Explorations in imbalanced data classification

, Precognox

Human vs. automatic classification

As human beings, we are desperate classifiers. For our ancestors it was essential for survival to distinguish a lion from a cat. Thousands of years later we still do the same: each morning when we start working, our brain needs to be able to classify the objects around us as a chair, a desk, a computer, a mouse, etc. Classification is one of the most basic, and even more importantly, one of the most complex cognitive abilities of humans. Consequently, one would assume that humans are masters of classification and for artificial intelligence-aid machines it must be a great challenge to learn the way humans acquire and apply their categories. So, are computers worse classifiers than humans?

It depends on the task in question. Computers have already produced better performance in image recognition tasks – like sorting images into categories – with a lower error rate than humans. However, humans can cope with evaluations that strongly depend on subjective factors more successfully than computers do. Our data science team accepted the challenge and decided to train an algorithm that can cope with highly complex classification issues.

Human-annotated and imbalanced data

Our data, provided by our customer, Járókelő, was made up of suppliers’ responses to users’ complaints. You can read more about our joint project with Járókelő here. As a first step, annotators evaluated the texts produced by the authorities in charge of tackling the problems raised by the users on a 1 to 5 scale. The better the performance was deemed, the higher score it received. The scores were not given randomly, but certain factors were taken into consideration: e.g. the degree of politeness, the presence of addressing the user, the length of the reply, etc. Later, these factors were mapped into the automatic classifier as features in order to teach our algorithm to classify the responses as similarly to humans as possible. Naturally, such features were also taken into account, in the identification of which computers are more precise than humans, like the proportion of nouns and that of the positive, negative and neutral sentiments in the texts. Human annotators may also have had a general impression of these factors and been influenced by them in articulating their overall evaluation. Finally, we got a dataset that contained automatically selected features and five classes.

However, it turned out soon that the distribution of the five target variables is uneven. In other words, we had much less data of class 1 and 2 than that of 3, 4 and 5. The overrepresentation of certain classes made us expect that our algorithm would overlearn them and would show a poorer performance in case of the underrepresented classes. Consequently, we needed to train a classifier that could handle human-annotated and imbalanced data.

And the winner is…

To pursue our mission, Random Forest was chosen as a learning algorithm due to its impressive performance compared to other learning methods. This task was carried out in the platform of Orange, which, as a great advantage, can be fed with separate training and testing sets. The Random Forest classifier was tested on four versions of the same training data set, namely on the original imbalanced data set, on an oversampled one, on an undersampled one and on a combination of the latter two. To be able to contrast these methods, we tested the four training sets on the same imbalanced data. Let us see which one could get the closest to the classification done by the annotator team.

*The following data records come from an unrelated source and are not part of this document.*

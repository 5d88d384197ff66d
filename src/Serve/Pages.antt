-- ===== src/Serve/Pages.antt =====
-- What a window of `signers serve` shows, said of the chain alone, and one round that shows it
-- (serve/serve.go).
use signers.Base.{ℕ, ◌+◌, ◌%◌, ◌^◌, ◌<◌, ◌≡◌, List, [], ◌∷◌, ◌++◌, map, Option, none, some, arith}
use signers.Base.Int.{pos, int64}
use signers.Base.Exec.{Outcome, returned}
use signers.Redt.Types.{Address, ValInfo, Geth}
use signers.Redt.Node.{RedTNode, Node}
use signers.Redt.Stats.{increment, increment_all}
use signers.Redt.Report.{Report, report_row, elapsed_since, next_proposer}
use signers.Redt.Monitor.Steady.{Story}
use signers.Redt.Monitor.Notified.{tally}

-- The counters are 64-bit patterns.
pub record Words {C : Type 0} (s : RedTNode C) : Type 0 where
  pub proposals : (v : Address) → s.as_proposer v < 2 ^ 64
  pub signatures : (v : Address) → s.as_signer v < 2 ^ 64

-- The entry of an address, and an empty one where there is none.
abbrev pub entry_of : Option ValInfo → ValInfo
entry_of none = record { operator = []; enode = []; address = 0; signatures = 0; proposals = 0 }
entry_of (some info) = info

abbrev pub address_or_zero : Outcome Address → Address
address_or_zero o = elim o [ returned a ↦ a | _ ↦ 0 ]

-- The validator whose turn is after `author`.
abbrev pub turn_after : Address → List Address → Address
turn_after author vals = address_or_zero (next_proposer author vals)

module _ (g : Geth) (story : Story) (s : Node g) where
  open story use {chain, author, signers}

  abbrev pub entry : Address → ValInfo
  entry v = entry_of (s.all_validators v)

  -- The node `s` after these blocks were counted.
  abbrev pub after_blocks : List ℕ → Node g
  after_blocks ns = record s {
    as_proposer = λ v. (s.as_proposer v + tally (λ i. author i ∷ []) v ns) % 2 ^ 64;
    as_signer = λ v. (s.as_signer v + tally signers v ns) % 2 ^ 64;
  }

  -- What is shown of block n, the last of the counted blocks `ns`, when the block shown before it
  -- has the time `latest`.
  abbrev pub report_of : List ℕ → ℕ → ℕ → Report
  report_of ns latest n = record {
    number = (chain n).number;
    elapsed = elapsed_since (chain n).time latest;
    timestamp = int64 (pos (chain n).time);
    operator = (entry (author n)).operator;
    author_count = (s.as_proposer (author n) + tally (λ i. author i ∷ []) (author n) ns) % 2 ^ 64;
    author_address = author n;
    next_proposer_operator = (entry (turn_after (author n) s.val_set)).operator;
    gas_limit = (chain n).gas_limit;
    gas_used = (chain n).gas_used;
    signers = map (λ v. report_row g (author n) (signers n) (after_blocks ns) (entry v)) s.val_set;
  }

  -- The reports of the blocks `ns`, of which `before` were counted already.
  abbrev pub reports_of : List ℕ → ℕ → List ℕ → List Report
  reports_of before latest [] = []
  reports_of before latest (n ∷ ns) =
      report_of (before ++ n ∷ []) latest n ∷ reports_of (before ++ n ∷ []) (chain n).time ns

  -- The time of the last of the blocks.
  abbrev pub time_after : ℕ → List ℕ → ℕ
  time_after latest [] = latest
  time_after latest (n ∷ ns) = time_after (chain n).time ns

pub tally-append :
    (f : ℕ → List Address) (v : Address) (ms ns : List ℕ)
    → tally f v (ms ++ ns) ≡ tally f v ms + tally f v ns
tally-append f v [] ns = omega arith
tally-append f v (m ∷ ms) ns = omega (arith, tally-append f v ms ns)

pub increment_all-lt :
    (addrs : List Address) (m : Address → ℕ) (v : Address)
    → m v < 2 ^ 64
    → increment_all addrs m v < 2 ^ 64
unfolding increment_all increment
increment_all-lt [] m v low = low
increment_all-lt (a ∷ addrs) m v low = increment_all-lt addrs (increment m a) v (ground arith)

1. Imbalanced training set

Teaching the algorithm to classify the imbalanced data through an imbalanced data set resulted in a precision of 0.420, a recall of 0.500 and a classification accuracy of 0.479. The number of instances of class 3 was predicted to be much higher than it actually is (see the confusion matrix below). This phenomenon can be explained with the lack of clear boundary identification among the classes, namely that the algorithm is not able to properly distinguish the instances of class 3 from the instances of class 4 and class 2. Furthermore, since the classes of 5, 4 and 3 are overrepresented in the training dataset, the algorithm tends to overscore these classes in the testing dataset, too.

, Precognox

2. Undersampled training set

When the classes of 3, 4 and 5 were undersampled in the training data, the score of precision increased significantly: it raised from 0.420 to 0.472. In addition, the numbers of instances of the predicted and actual classes are far closer than they were before, presented in the confusion matrix below. But the results of recall and classification accuracy did not show such an improvement.

, Precognox

3. Oversampled training set

Surprisingly, balancing the imbalanced data by oversampling the poorly represented classes of 1 and 2 did not generate an improvement of precision or recall. However, the classification accuracy did improve: it turned from 0.479 to 0.491, which means that our classifier trained on oversampled data was able to classify more examples correctly than the one trained on imbalanced data.

4. Smoteenn training set

The combination of the methods of over- and undersampling the training set (called Smoteenn) seems to be our Number 1 solution in terms of precision, with its remarkable performance of 0.667. However, as the confusion matrix suggests below, it highly overpredicts the numbers of instances in classes of 1 and 2. It is exactly the opposite of what happens in the case of an imbalanced data set.

, Precognox

Boosting our achievements further

What this experiment suggests to us is that it is much harder to approximate human performance in automatic classification in case of imbalanced, human-annotated data with five classes than in case of less complex classification tasks. It can be concluded that there is no single ‘take-all’ method, but there are several solutions, which can be adopted in harmony with the needs of your clients. Focusing on our clients’ satisfaction, we are still improving our automatic classifier by optimizing the distance measures of the algorithms.